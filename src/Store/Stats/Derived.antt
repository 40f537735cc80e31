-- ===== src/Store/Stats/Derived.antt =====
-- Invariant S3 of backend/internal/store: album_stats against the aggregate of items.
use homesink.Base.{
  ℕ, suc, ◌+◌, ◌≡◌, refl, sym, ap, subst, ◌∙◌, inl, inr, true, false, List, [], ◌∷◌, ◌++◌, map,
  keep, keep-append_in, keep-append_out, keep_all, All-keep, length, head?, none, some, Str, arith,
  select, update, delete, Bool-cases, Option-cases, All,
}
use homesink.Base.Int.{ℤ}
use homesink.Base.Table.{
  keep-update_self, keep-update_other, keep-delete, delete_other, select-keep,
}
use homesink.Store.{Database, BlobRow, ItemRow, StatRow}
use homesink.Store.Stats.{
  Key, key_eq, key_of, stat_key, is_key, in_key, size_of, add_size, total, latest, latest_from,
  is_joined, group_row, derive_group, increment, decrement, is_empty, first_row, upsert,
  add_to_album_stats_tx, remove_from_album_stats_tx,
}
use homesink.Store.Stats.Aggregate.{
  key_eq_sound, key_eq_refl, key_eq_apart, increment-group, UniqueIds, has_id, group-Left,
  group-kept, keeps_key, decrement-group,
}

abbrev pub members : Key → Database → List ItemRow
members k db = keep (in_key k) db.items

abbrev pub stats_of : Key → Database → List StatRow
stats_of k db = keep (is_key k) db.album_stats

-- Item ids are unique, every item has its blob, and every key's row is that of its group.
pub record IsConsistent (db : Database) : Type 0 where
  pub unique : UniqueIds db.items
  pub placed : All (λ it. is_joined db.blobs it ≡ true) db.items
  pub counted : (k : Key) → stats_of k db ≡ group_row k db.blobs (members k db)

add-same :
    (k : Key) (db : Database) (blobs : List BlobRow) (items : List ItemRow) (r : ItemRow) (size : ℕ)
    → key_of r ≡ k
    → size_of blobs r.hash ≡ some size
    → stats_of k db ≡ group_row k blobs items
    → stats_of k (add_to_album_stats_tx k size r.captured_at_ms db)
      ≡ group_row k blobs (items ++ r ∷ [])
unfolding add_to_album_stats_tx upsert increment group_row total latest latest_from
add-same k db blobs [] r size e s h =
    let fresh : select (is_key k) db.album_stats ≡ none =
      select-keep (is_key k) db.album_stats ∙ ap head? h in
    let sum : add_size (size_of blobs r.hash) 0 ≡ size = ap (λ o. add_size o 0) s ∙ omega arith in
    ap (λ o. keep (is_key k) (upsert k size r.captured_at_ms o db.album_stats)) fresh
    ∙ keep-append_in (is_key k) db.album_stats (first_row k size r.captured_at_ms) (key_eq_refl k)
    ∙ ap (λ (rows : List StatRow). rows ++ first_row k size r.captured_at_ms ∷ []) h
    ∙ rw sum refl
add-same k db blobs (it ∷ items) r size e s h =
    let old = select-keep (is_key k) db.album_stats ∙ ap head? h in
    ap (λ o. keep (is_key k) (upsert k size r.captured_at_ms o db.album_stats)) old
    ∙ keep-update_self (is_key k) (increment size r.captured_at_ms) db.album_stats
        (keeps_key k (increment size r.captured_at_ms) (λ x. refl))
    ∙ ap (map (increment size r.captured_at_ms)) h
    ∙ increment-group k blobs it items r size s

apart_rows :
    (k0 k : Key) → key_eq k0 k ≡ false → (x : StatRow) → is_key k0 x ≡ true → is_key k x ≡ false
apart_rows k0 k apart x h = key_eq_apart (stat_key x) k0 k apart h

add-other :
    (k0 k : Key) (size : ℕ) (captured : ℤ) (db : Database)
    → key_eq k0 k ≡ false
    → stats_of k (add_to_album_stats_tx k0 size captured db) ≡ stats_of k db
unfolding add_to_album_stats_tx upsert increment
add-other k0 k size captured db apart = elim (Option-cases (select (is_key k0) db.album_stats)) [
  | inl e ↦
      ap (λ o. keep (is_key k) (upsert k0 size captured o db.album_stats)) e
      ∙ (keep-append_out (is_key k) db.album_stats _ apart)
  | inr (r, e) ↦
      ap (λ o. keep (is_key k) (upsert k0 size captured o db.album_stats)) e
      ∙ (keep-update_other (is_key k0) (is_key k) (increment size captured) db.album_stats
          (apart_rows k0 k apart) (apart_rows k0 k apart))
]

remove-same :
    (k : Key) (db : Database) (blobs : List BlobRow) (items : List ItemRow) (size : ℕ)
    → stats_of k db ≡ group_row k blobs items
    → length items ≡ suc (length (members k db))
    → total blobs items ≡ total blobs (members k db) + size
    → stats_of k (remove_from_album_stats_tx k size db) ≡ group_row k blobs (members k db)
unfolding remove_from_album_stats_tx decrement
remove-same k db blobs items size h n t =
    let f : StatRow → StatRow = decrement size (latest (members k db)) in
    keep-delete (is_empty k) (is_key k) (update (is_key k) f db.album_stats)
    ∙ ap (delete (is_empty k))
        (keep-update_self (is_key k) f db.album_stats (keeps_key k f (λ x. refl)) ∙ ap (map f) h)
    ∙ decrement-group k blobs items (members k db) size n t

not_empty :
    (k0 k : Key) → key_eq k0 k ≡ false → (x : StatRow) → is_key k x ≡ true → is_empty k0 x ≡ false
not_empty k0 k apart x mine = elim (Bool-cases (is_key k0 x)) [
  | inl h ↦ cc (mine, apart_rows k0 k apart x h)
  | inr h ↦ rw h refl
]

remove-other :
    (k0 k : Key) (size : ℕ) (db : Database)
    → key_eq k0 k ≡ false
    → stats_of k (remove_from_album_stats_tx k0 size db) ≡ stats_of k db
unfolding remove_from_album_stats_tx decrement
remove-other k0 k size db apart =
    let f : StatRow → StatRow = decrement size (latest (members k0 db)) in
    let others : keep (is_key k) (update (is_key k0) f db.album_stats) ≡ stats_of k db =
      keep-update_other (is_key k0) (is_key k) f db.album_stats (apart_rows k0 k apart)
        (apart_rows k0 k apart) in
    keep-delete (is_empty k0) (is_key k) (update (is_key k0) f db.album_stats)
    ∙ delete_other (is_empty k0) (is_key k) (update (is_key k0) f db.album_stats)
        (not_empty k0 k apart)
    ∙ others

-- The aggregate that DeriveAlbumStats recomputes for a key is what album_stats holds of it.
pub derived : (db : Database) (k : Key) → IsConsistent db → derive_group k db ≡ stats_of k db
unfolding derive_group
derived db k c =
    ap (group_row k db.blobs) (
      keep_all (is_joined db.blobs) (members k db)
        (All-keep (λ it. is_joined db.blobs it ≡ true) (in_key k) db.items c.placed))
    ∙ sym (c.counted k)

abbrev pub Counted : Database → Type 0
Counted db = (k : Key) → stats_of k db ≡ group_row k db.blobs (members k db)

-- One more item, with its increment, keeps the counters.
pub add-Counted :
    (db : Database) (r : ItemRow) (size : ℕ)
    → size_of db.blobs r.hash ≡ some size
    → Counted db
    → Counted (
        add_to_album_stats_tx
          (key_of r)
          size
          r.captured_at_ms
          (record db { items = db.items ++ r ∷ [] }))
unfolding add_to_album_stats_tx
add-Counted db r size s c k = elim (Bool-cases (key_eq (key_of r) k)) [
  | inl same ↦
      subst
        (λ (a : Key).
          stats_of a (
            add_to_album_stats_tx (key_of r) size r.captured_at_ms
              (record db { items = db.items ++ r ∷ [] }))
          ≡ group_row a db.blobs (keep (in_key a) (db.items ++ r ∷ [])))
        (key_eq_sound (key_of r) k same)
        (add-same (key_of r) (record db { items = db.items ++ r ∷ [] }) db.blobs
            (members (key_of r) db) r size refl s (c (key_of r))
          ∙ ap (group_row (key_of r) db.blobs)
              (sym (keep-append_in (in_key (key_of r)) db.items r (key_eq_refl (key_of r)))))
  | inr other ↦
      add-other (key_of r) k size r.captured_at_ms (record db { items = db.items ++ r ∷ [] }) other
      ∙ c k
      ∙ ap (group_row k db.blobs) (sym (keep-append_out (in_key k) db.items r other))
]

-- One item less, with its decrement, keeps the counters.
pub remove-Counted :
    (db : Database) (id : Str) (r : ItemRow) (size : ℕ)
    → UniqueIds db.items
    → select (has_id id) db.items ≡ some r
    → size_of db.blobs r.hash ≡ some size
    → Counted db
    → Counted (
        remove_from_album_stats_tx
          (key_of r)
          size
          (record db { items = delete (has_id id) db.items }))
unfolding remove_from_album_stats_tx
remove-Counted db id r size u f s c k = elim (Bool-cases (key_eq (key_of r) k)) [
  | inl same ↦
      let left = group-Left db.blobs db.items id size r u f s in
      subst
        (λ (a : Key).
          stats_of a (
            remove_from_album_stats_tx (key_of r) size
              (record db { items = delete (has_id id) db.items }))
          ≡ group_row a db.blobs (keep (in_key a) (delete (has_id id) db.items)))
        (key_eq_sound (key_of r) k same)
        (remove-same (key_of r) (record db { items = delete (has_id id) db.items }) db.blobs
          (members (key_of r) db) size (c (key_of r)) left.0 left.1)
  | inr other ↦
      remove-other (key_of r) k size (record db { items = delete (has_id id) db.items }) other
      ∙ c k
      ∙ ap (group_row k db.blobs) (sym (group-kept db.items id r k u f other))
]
---
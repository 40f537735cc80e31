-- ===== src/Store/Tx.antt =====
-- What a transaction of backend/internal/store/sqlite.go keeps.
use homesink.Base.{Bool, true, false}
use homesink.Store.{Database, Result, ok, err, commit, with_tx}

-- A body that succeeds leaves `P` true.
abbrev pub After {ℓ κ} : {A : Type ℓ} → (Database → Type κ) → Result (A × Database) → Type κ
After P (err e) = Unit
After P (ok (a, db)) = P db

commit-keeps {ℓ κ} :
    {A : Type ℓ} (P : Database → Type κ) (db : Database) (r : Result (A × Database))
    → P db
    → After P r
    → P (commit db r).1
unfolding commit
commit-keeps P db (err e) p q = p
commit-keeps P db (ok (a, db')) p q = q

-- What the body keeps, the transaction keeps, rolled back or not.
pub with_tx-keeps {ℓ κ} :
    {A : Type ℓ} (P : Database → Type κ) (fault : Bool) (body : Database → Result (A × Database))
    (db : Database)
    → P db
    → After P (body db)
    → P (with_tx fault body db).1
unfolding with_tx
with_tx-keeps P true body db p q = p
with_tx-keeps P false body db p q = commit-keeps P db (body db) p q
--
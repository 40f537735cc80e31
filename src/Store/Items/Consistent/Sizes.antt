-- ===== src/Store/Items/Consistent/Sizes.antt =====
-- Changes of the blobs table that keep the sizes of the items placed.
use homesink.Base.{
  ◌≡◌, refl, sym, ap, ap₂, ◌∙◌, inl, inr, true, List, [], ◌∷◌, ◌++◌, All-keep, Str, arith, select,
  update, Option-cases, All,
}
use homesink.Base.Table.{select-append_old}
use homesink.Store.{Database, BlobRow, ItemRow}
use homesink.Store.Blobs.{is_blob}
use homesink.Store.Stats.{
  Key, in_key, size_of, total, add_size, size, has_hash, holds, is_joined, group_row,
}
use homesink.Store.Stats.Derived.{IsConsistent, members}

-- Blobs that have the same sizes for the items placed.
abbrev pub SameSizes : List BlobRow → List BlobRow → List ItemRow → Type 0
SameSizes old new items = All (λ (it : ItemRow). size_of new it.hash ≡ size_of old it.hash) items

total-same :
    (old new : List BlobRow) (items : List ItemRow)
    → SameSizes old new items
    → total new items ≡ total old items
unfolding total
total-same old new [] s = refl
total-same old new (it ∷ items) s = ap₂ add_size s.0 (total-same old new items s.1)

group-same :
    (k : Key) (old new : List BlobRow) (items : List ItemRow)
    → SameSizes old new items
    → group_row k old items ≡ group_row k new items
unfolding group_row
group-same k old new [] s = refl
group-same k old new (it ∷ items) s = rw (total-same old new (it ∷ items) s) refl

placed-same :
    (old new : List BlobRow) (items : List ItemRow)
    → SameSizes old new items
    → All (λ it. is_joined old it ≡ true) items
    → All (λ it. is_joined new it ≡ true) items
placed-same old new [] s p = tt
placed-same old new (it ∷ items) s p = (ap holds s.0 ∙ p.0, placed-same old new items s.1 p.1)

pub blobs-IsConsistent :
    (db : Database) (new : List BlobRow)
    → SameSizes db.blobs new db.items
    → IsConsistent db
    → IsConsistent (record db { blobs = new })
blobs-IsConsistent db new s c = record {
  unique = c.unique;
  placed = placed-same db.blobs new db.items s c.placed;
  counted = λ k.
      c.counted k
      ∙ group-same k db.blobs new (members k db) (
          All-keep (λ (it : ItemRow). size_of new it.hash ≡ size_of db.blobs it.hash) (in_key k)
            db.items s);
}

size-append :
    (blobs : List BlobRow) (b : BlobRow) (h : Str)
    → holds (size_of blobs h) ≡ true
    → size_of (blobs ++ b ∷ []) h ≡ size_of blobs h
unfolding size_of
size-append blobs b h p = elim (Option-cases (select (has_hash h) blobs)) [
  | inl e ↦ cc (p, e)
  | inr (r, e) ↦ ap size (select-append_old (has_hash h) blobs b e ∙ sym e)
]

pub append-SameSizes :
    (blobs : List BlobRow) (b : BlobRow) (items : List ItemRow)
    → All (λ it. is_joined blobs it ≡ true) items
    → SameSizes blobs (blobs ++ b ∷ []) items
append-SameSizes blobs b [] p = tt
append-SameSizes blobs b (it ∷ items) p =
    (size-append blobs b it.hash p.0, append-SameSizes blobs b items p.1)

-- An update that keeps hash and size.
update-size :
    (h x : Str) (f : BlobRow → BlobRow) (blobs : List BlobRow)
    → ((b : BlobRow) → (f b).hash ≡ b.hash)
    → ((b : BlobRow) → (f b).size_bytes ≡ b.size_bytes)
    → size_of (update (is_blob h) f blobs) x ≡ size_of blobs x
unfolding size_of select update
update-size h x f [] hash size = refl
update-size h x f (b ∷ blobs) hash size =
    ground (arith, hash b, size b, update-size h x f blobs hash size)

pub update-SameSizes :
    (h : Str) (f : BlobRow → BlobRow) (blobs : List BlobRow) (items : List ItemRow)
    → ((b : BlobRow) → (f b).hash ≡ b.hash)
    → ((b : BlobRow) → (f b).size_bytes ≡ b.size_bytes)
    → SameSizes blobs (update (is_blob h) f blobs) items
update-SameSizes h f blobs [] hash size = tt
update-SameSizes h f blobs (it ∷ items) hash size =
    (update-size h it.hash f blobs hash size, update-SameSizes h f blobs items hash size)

DESCRIPTION OF THE TASK: In the entries above, the lines from the one bearing "update-SameSizes h f blobs [] hash size = tt" up to and including the one bearing "(update-size h it.hash" should be transcribed exactly; no other line is wanted.

PROBLEM SOLUTION:
update-SameSizes h f blobs [] hash size = tt
update-SameSizes h f blobs (it ∷ items) hash size =
    (update-size h it.hash f blobs hash size, update-SameSizes h f blobs items hash size)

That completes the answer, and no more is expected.